Sure, there are lots of potential nitpicks that you can have with WSGI and WSGI middleware — mostly because the CGI spec on which WSGI is based is getting a bit long in the tooth — but I think those who get worked up about that kind of thing are missing the point.
WSGI provides a known, standard, working way to create reusable components of functionality which are coupled only to a published specification, not to your code. It’s the same reason that HTTP was so successful in the first place, you can build stuff without knowing exactly how it will be used later.
A perfect example of this is the new repoze.squeeze middleware that was released a couple of days ago.
It uses statistical analysis to decide how to best join and compress stylesheets and javascript resources based on actual usage.

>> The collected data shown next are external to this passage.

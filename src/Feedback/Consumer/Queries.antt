-- ===== src/Feedback/Consumer/Queries.antt =====
-- When the workflow is asked.
use be25_fin_thanos_meetbowl.Prelude.{
  ℕ, ◌+◌, ◌*◌, ◌≤◌, ◌≡◌, refl, sym, ap, ◌∙◌, inl, inr, true, false, ◌||◌, Option, none, some, List,
  [], ◌∷◌, arith, if◌then◌else◌, Bool-cases, Option-cases, ◌==◌, nat_eq, list_eq, option_eq,
  pair_eq, contains, length,
}
use be25_fin_thanos_meetbowl.Prelude.Dict.{lookup}
use be25_fin_thanos_meetbowl.Text.{Text, codes}
use be25_fin_thanos_meetbowl.Errors.{raised, other}
use be25_fin_thanos_meetbowl.Schemas.{Uuid, Moment}
use be25_fin_thanos_meetbowl.Schemas.Events.{FeedbackSegmentCreatedPayload}
use be25_fin_thanos_meetbowl.Schemas.Feedback.{
  FeedbackTranscriptSegment, validate_time_range, MeetingFeedbackCommand,
}
use be25_fin_thanos_meetbowl.Feedback.Window.{
  MeetingWindowState, append_segment, trim_expired_segments, total_chars, build_window_fingerprint,
}
use be25_fin_thanos_meetbowl.Feedback.State.{
  Settings, Processor, cleanup_expired_state, window_or_new, is_stale, is_gated, too_soon,
  segment_of, command_of, key_of,
}
use be25_fin_thanos_meetbowl.Feedback.Consumer.{
  World, FeedbackEffect, queried, query, accept, add_segment, process_payload,
}

-- The command with which the workflow is asked, if it is.
abbrev pub first_query : List FeedbackEffect → Option MeetingFeedbackCommand
first_query (queried command ∷ effects) = some command
first_query _ = none

-- The interval since the last query has passed.
abbrev pub IsDue : ℕ → Option ℕ → ℕ → Type 0
IsDue interval none ended_at_ms = Unit
IsDue interval (some last) ended_at_ms = last + interval ≤ ended_at_ms

module _ (settings : Settings) where
  abbrev pub Gate :
      FeedbackSegmentCreatedPayload → MeetingWindowState → MeetingFeedbackCommand → Type 0
  Gate payload before command =
      (settings.min_segments ≤ length command.transcript_window)
      × (settings.min_window_chars ≤ total_chars command.transcript_window)
      × IsDue (settings.trigger_interval_seconds * 1000) before.last_query_ended_at_ms
          payload.ended_at_ms

  append_segment-last_query :
      (state appended : MeetingWindowState) (segment : FeedbackTranscriptSegment) (n : ℕ)
      → append_segment state segment n ≡ some appended
      → appended.last_query_ended_at_ms ≡ state.last_query_ended_at_ms
  unfolding append_segment
  append_segment-last_query state appended segment n h = ground arith

  is_due :
      (payload : FeedbackSegmentCreatedPayload) (last : Option ℕ)
      → too_soon settings payload.ended_at_ms last ≡ false
      → IsDue (settings.trigger_interval_seconds * 1000) last payload.ended_at_ms
  unfolding too_soon
  is_due payload none h = tt
  is_due payload (some last) h = ground arith

  gate_passed :
      (payload : FeedbackSegmentCreatedPayload) (fingerprint : Text) (state : MeetingWindowState)
      → is_gated settings payload fingerprint state ≡ false
      → (settings.min_segments ≤ length state.segments)
        × (settings.min_window_chars ≤ total_chars state.segments)
        × (too_soon settings payload.ended_at_ms state.last_query_ended_at_ms ≡ false)
        × ((state.last_query_fingerprint == some fingerprint) ≡ false)
  unfolding is_gated
  gate_passed payload fingerprint state h = (ground arith, ground arith, ground arith, ground arith)

  query-command_of :
      (world : World) (payload : FeedbackSegmentCreatedPayload) (c : Uuid) (fingerprint : Text)
      (state : MeetingWindowState) (p : Processor) (command : MeetingFeedbackCommand)
      → first_query (query settings world payload c fingerprint state p).2 ≡ some command
      → command_of settings payload c state ≡ command
  unfolding query
  query-command_of world payload c fingerprint state p command h = ground arith

  window_of_command :
      (payload : FeedbackSegmentCreatedPayload) (c : Uuid) (state : MeetingWindowState)
      → (command_of settings payload c state).transcript_window ≡ state.segments
  unfolding command_of
  window_of_command payload c state = refl

  trim-last_query :
      (state : MeetingWindowState) (latest seconds : ℕ)
      → (trim_expired_segments state latest seconds).last_query_ended_at_ms
        ≡ state.last_query_ended_at_ms
  unfolding trim_expired_segments
  trim-last_query state latest seconds = refl

  accept-Gate :
      (world : World) (now : Moment) (payload : FeedbackSegmentCreatedPayload) (c : Uuid)
      (appended : MeetingWindowState) (p : Processor) (command : MeetingFeedbackCommand)
      → first_query (accept settings world now payload c (some appended) p).2 ≡ some command
      → Gate payload appended command
  unfolding accept
  accept-Gate world now payload c appended p command h =
      let moved : MeetingWindowState = record appended {
        last_sequence = some payload.sequence;
        last_activity_at = now;
      } in
      let state = trim_expired_segments moved payload.ended_at_ms settings.max_window_seconds in
      let fingerprint = build_window_fingerprint world.lower state.segments in
      elim (Bool-cases (is_gated settings payload fingerprint state)) [
        | inl gated ↦ cc (rw gated at h)
        | inr passed ↦
            let (long, chars, due, _) = gate_passed payload fingerprint state passed in
            let asked =
              query-command_of world payload c fingerprint state _ command (rw passed at h) in
            let same : state.segments ≡ command.transcript_window =
              sym (window_of_command payload c state)
              ∙ ap (λ (m : MeetingFeedbackCommand). m.transcript_window) asked in
            (
              rw (← same) long,
              rw (← same) chars,
              is_due payload appended.last_query_ended_at_ms (
                  rw (trim-last_query moved payload.ended_at_ms settings.max_window_seconds) at
                    due),
            )
      ]

  accept-none :
      (world : World) (now : Moment) (payload : FeedbackSegmentCreatedPayload) (c : Uuid)
      (p : Processor)
      → first_query (accept settings world now payload c none p).2 ≡ none
  unfolding accept
  accept-none world now payload c p = refl

  add_ordered :
      (world : World) (now : Moment) (payload : FeedbackSegmentCreatedPayload) (c : Uuid)
      (state : MeetingWindowState) (p : Processor) (command : MeetingFeedbackCommand)
      → first_query
          (if validate_time_range (segment_of settings payload)
            then accept settings world now payload c
                (append_segment state (segment_of settings payload) settings.max_segments)
                p
            else (raised (other (codes "ValidationError")), p, [])).2
        ≡ some command
      → Gate payload state command
  add_ordered world now payload c state p command h =
      elim (Bool-cases (validate_time_range (segment_of settings payload))) [
        | inl ordered ↦
            elim (Option-cases
              (append_segment state (segment_of settings payload) settings.max_segments)) [
                | inl full ↦ cc (accept-none world now payload c p, rw (ordered, full) at h)
                | inr (appended, ok) ↦
                    let gate =
                      accept-Gate world now payload c appended p command (rw (ordered, ok) at h) in
                    let same =
                      append_segment-last_query state appended (segment_of settings payload)
                        settings.max_segments ok in
                    (gate.0, gate.1, rw same at (gate.2))
              ]
        | inr reversed ↦ cc (rw reversed at h)
      ]

  add_segment-Gate :
      (world : World) (now : Moment) (payload : FeedbackSegmentCreatedPayload) (c : Uuid)
      (state : MeetingWindowState) (p : Processor) (command : MeetingFeedbackCommand)
      → first_query (add_segment settings world now payload c state p).2 ≡ some command
      → Gate payload state command
        × (contains payload.segment_id state.segment_ids ≡ false)
        × (is_stale settings payload.sequence state.last_sequence ≡ false)
  unfolding add_segment
  add_segment-Gate world now payload c state p command h =
      elim (Bool-cases (
        contains payload.segment_id state.segment_ids
        || is_stale settings payload.sequence state.last_sequence)) [
          | inl known ↦ cc (rw known at h)
          | inr new ↦
              let passed = add_ordered world now payload c state p command (rw new at h) in
              (passed, ground arith, ground arith)
        ]

  -- The workflow is asked only for a final segment that is new to its window, with at least the
  -- configured number of segments and of characters in the window, and not before the trigger interval
  -- has passed since the window's last query.
  pub query_gates :
      (world : World) (now : Moment) (payload : FeedbackSegmentCreatedPayload) (c : Uuid)
      (p : Processor) (command : MeetingFeedbackCommand)
      → first_query (process_payload settings world now payload c p).2 ≡ some command
      → let before =
          window_or_new settings now
            (lookup (key_of settings payload) (cleanup_expired_state settings now p).windows) in
        (payload.is_final ≡ true)
        × (contains payload.segment_id before.segment_ids ≡ false)
        × (is_stale settings payload.sequence before.last_sequence ≡ false)
        × (settings.min_segments ≤ length command.transcript_window)
        × (settings.min_window_chars ≤ total_chars command.transcript_window)
        × IsDue
            (settings.trigger_interval_seconds * 1000)
            before.last_query_ended_at_ms
            payload.ended_at_ms
  unfolding process_payload
  query_gates world now payload c p command h = elim (Bool-cases payload.is_final) [
    | inl final ↦
        let (gate, new, fresh) =
          add_segment-Gate world now payload c _ _ command (simp final at h) in
        (final, new, fresh, gate.0, gate.1, gate.2)
    | inr draft ↦ cc (simp draft at h)
  ]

Sure you could do this same thing with Django middleware, but if you use WSGI then Zope, Django, TurboGears, Plone, and any other WSGI compliant app can just use it without having to worry about this stuff inside the app itself.
BTW, they also released repoze.bitbit which automatically re-sizes images before sending them out. When coupled with a good caching proxy server this makes it very easy to let people link to any-sized version of any of the images in your library. While i don’t think it’s as widely useful as repoze.squeeze, it too provides an example of something that can just sit there transparently helping you, and it exemplifies a kind of very loose coupling that is a mark of “true middleware.”
There’s another kind of middleware which does stuff that’s “required” for your app to work properly, and I agree that it’s probably best to call this something else, since it’s not transparent, but I think it too has a wide variety of uses, but that’s a blog post for another day.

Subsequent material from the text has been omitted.